▶ [What to do]: Output, without any change, the listing below from its opening line up to and including the line with "insert_invoices-ok prefix year sequence c period_id []".
....
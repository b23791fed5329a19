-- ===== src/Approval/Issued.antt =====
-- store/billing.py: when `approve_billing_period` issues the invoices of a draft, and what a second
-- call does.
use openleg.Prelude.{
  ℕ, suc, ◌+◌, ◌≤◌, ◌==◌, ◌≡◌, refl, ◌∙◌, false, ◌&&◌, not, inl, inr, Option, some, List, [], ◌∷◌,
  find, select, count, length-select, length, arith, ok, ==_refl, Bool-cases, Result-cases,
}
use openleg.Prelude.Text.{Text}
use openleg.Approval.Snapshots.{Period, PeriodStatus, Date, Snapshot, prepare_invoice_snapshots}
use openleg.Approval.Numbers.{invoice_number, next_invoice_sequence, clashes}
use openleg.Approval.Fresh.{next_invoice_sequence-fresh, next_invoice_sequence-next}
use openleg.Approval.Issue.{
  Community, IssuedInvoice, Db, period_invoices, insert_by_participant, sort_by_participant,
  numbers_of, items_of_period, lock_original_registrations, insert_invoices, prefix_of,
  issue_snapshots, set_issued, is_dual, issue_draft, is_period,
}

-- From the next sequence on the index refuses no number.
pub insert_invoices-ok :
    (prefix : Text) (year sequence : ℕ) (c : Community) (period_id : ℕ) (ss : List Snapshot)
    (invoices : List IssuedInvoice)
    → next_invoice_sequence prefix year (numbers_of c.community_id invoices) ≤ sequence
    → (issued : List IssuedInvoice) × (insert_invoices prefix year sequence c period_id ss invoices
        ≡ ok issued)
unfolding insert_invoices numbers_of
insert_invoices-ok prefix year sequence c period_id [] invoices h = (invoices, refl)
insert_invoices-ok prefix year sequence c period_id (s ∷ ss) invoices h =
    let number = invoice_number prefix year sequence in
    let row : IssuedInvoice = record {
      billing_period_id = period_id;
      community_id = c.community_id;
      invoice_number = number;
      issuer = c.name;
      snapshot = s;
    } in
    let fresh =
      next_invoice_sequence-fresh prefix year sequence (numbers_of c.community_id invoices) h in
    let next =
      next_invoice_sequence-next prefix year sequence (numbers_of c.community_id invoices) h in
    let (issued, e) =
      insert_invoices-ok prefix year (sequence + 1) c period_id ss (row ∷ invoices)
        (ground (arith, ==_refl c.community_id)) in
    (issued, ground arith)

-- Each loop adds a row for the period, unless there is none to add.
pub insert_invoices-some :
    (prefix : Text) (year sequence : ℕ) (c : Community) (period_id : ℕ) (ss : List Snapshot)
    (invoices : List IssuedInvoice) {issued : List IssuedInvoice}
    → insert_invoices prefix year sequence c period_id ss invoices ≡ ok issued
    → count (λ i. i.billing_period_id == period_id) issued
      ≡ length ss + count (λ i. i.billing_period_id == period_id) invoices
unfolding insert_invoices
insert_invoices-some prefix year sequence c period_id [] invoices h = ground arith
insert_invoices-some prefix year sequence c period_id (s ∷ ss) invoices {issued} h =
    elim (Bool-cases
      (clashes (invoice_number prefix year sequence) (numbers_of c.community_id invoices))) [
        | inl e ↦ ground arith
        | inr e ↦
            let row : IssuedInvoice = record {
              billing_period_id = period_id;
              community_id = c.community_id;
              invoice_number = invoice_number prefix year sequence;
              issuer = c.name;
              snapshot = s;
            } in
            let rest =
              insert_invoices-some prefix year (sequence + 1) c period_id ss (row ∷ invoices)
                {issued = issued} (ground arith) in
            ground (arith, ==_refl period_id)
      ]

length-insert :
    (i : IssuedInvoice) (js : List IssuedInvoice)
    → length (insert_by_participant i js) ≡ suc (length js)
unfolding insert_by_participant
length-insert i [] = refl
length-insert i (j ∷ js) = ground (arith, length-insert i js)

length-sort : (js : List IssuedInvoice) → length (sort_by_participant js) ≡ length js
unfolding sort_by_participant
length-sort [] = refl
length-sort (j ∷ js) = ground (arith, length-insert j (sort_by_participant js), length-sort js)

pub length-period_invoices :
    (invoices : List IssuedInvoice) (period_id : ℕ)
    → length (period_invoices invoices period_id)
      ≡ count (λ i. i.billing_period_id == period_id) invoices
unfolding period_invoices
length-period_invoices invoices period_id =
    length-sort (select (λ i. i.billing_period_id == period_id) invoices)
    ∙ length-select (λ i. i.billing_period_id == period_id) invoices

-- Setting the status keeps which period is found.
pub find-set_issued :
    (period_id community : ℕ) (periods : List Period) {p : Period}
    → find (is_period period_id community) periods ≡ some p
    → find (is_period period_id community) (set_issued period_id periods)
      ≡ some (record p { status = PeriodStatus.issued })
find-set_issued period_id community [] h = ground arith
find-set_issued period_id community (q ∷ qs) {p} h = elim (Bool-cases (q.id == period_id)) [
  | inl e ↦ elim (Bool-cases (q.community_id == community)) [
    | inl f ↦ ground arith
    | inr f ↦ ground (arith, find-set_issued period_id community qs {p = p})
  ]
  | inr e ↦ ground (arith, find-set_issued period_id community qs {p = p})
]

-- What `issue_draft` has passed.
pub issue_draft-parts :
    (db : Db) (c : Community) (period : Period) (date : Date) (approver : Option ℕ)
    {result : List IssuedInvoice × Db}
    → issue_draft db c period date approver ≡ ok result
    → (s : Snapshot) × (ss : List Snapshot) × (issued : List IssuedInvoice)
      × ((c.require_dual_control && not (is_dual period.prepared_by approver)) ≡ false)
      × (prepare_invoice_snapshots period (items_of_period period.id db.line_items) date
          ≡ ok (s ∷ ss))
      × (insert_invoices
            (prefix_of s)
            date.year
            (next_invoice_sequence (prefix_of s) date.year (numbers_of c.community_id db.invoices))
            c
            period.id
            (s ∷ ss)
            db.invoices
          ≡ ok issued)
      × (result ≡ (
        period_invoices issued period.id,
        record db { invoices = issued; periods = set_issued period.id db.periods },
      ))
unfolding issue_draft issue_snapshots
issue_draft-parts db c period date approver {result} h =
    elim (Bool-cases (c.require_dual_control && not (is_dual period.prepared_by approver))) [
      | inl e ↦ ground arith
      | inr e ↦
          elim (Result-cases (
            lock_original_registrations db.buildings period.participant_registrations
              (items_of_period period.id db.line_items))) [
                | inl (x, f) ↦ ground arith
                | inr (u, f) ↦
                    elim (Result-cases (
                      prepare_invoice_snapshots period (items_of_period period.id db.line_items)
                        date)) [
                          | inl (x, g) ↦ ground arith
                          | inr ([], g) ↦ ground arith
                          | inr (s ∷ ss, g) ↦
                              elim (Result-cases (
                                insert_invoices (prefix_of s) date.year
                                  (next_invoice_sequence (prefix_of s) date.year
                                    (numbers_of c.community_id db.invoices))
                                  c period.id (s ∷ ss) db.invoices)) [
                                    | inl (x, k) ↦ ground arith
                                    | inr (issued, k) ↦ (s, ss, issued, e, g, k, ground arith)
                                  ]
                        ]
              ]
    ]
....
▶ [Written answer]:
repository b23791fed5329a19
-- ===== src/Approval/Issued.antt =====
-- store/billing.py: when `approve_billing_period` issues the invoices of a draft, and what a second
-- call does.
use openleg.Prelude.{
  ℕ, suc, ◌+◌, ◌≤◌, ◌==◌, ◌≡◌, refl, ◌∙◌, false, ◌&&◌, not, inl, inr, Option, some, List, [], ◌∷◌,
  find, select, count, length-select, length, arith, ok, ==_refl, Bool-cases, Result-cases,
}
use openleg.Prelude.Text.{Text}
use openleg.Approval.Snapshots.{Period, PeriodStatus, Date, Snapshot, prepare_invoice_snapshots}
use openleg.Approval.Numbers.{invoice_number, next_invoice_sequence, clashes}
use openleg.Approval.Fresh.{next_invoice_sequence-fresh, next_invoice_sequence-next}
use openleg.Approval.Issue.{
  Community, IssuedInvoice, Db, period_invoices, insert_by_participant, sort_by_participant,
  numbers_of, items_of_period, lock_original_registrations, insert_invoices, prefix_of,
  issue_snapshots, set_issued, is_dual, issue_draft, is_period,
}

-- From the next sequence on the index refuses no number.
pub insert_invoices-ok :
    (prefix : Text) (year sequence : ℕ) (c : Community) (period_id : ℕ) (ss : List Snapshot)
    (invoices : List IssuedInvoice)
    → next_invoice_sequence prefix year (numbers_of c.community_id invoices) ≤ sequence
    → (issued : List IssuedInvoice) × (insert_invoices prefix year sequence c period_id ss invoices
        ≡ ok issued)
unfolding insert_invoices numbers_of
insert_invoices-ok prefix year sequence c period_id [] invoices h = (invoices, refl)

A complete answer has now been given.